Good luck in your journey   



Mac x


----------



## Rose honey (Aug 16, 2015)

Thank you, that's one question answered!

Any general thoughts or advice from anybody would be warmly welcomed 😊


----------



## Wyxie (Apr 10, 2013)

Hi Rose Honey,

Just to offer some thoughts on a couple of your questions.

My husband was 28 when we applied to adopt, and considered very young (I was 33).  His age was viewed as a big positive by the LA we applied to, but, and it is a big but, I think Social Services would probably view this differently if it was a single adopter and be concerned that a relationship could come along any moment and change the situation considerably, adding the very real possibility of a birth child being added to the family.  This is something that's going to raise a lot of questions during your assessment.

I would give some serious thought to learning to drive.  I passed my test not long after we adopted, but I don't have the use of a car during the day time and financially that's not really viable as I wasn't able to return to work after we had our children.  I walk everywhere with my kids and mostly I like that, as we have good local services and live in a small town, but there are times when this is really tough in particular if my daughter really kicks off.  I have been pretty much stuck on a number of occasions with a highly distressed and extremely defiant child behaving very dangerously.  Getting to and from appointments on public transport can also be a problem.  We're shortly going to be travelling to therapy somewhere that is over an hour drive away and basically inaccessible on public transport, with two young children, and the only option is for my husband to negotiate home working to allow me use of the car once a week.  

All the best,

Wyxie xx


----------



## Rose honey (Aug 16, 2015)

Thank you Wyxie, that's great advice.

I do think being a single adopter at 26/27ish could be a stumbling block, this I think is my greatest fear! But, if it wasn't that it would probably be something else - it's certainly not straightforward is it?!

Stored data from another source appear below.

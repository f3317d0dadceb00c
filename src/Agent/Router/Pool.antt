-- ===== src/Agent/Router/Pool.antt =====
-- chipchamp/agent/router.py: the ranking has the models of the pool, and no others.
use chipchamp.Prelude.{
  Bool, true, false, not, ◌&&◌, ◌||◌, ◌≡◌, refl, sym, ap, ◌∙◌, subst, Option, none, some, List, [],
  ◌∷◌, ◌++◌, if◌then◌else◌,
}
use chipchamp.Text.{Text, text_eq, text_eq_sound}
use chipchamp.Dict.{Dict, get}
use chipchamp.Agent.Router.{
  ModelProfile, RouterConfig, insert_ref, sort_refs, member, keep, chained, by_chain, rank,
}

or_swap : (a b c : Bool) → (a || (b || c)) ≡ (b || (a || c))
or_swap true true c = refl
or_swap true false c = refl
or_swap false true c = refl
or_swap false false c = refl

and_false : (a : Bool) → (a && false) ≡ false
and_false true = refl
and_false false = refl

or_assoc : (a b c : Bool) → ((a || b) || c) ≡ (a || (b || c))
or_assoc true b c = refl
or_assoc false b c = refl

member-if :
    (x : Text) (b : Bool) (rs ss : List Text)
    → member x (if b then rs else ss) ≡ (if b then member x rs else member x ss)
member-if x true rs ss = refl
member-if x false rs ss = refl

same : (b : Bool) (u v w : Bool) → u ≡ w → v ≡ w → (if b then u else v) ≡ w
same true u v w p q = p
same false u v w p q = q

member-insert_ref :
    (below : Text → Text → Bool) (x r : Text) (ss : List Text)
    → member x (insert_ref below r ss) ≡ (text_eq x r || member x ss)
unfolding insert_ref
member-insert_ref below x r [] = refl
member-insert_ref below x r (s ∷ ss) =
    member-if x (below r s) _ _
    ∙ same (below r s) _ _ _
        (ap (λ m. text_eq x s || m) (member-insert_ref below x r ss)
          ∙ or_swap (text_eq x s) (text_eq x r) (member x ss))
        refl

member-sort_refs :
    (below : Text → Text → Bool) (x : Text) (rs : List Text)
    → member x (sort_refs below rs) ≡ member x rs
unfolding sort_refs
member-sort_refs below x [] = refl
member-sort_refs below x (r ∷ rs) =
    member-insert_ref below x r (sort_refs below rs)
    ∙ ap (λ m. text_eq x r || m) (member-sort_refs below x rs)

member-append : (x : Text) (rs ss : List Text) → member x (rs ++ ss) ≡ (member x rs || member x ss)
member-append x [] ss = refl
member-append x (r ∷ rs) ss =
    ap (λ m. text_eq x r || m) (member-append x rs ss)
    ∙ sym (or_assoc (text_eq x r) (member x rs) (member x ss))

-- one more model before those that are kept
kept :
    (e p q m : Bool) → (e ≡ true → p ≡ q) → (if p then e || (q && m) else q && m) ≡ (q && (e || m))
kept true p true m h = subst (λ b. (if b then true else m) ≡ true) (sym (h refl)) refl
kept true p false m h = subst (λ b. (if b then true else false) ≡ false) (sym (h refl)) refl
kept false true q m h = refl
kept false false q m h = refl

member-keep :
    (x : Text) (p : Text → Bool) (rs : List Text) → member x (keep p rs) ≡ (p x && member x rs)
unfolding keep
member-keep x p [] = sym (and_false (p x))
member-keep x p (r ∷ rs) =
    member-if x (p r) _ _
    ∙ ap (λ m. if p r then text_eq x r || m else m) (member-keep x p rs)
    ∙ kept (text_eq x r) (p r) (p x) (member x rs) (λ e. ap p (sym (text_eq_sound x r e)))

either_way : (p c : Bool) → ((p && c) || (not (p && c) && p)) ≡ p
either_way true true = refl
either_way true false = refl
either_way false c = refl

member-chained : (x : Text) (chain pool : List Text) → member x (chained chain pool) ≡ member x pool
unfolding chained
member-chained x chain pool =
    let ranked = keep (λ r. member r pool) chain in
    member-append x ranked _
    ∙ ap (λ m. member x ranked || m) (member-keep x (λ r. not (member r ranked)) pool)
    ∙ ap (λ m. m || (not m && member x pool)) (member-keep x (λ r. member r pool) chain)
    ∙ either_way (member x pool) (member x chain)

member-by_chain :
    (x : Text) (o : Option (List Text)) (pool sorted : List Text)
    → member x sorted ≡ member x pool
    → member x (by_chain o pool sorted) ≡ member x pool
member-by_chain x none pool sorted h = h
member-by_chain x (some []) pool sorted h = h
member-by_chain x (some (r ∷ rs)) pool sorted h = member-chained x (r ∷ rs) pool

pub member-rank :
    (cfg : RouterConfig) (profiles : Dict ModelProfile) (need x : Text)
    → member x (rank cfg profiles need) ≡ member x cfg.pool
unfolding rank
member-rank cfg profiles need x =
    member-by_chain x (get need cfg.chains) cfg.pool _ (member-sort_refs _ x cfg.pool)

I know that I would have to answer a lot of questions regarding future relationships and the possibility of having future birth children. As I said, as far as I know I am able to have birth children but I do have some minor medical conditions that could worsen in pregnancy.

Thank you for your honest answers 😊

It's funny dealing with Social Services in work, thinking 'can I take this child home with me please?' And thinking I could be dealing with them for a very different reason in the future!

Thanks again x


----------



## Rose honey (Aug 16, 2015)

Any teachers have any pearls of wisdom?

I currently teach Reception.


----------



## Bobi Kadee (Aug 18, 2014)

Hi Rose,
I'm a teacher (older children than reception though) and a single adopter, I was 33 when I first started the application process.  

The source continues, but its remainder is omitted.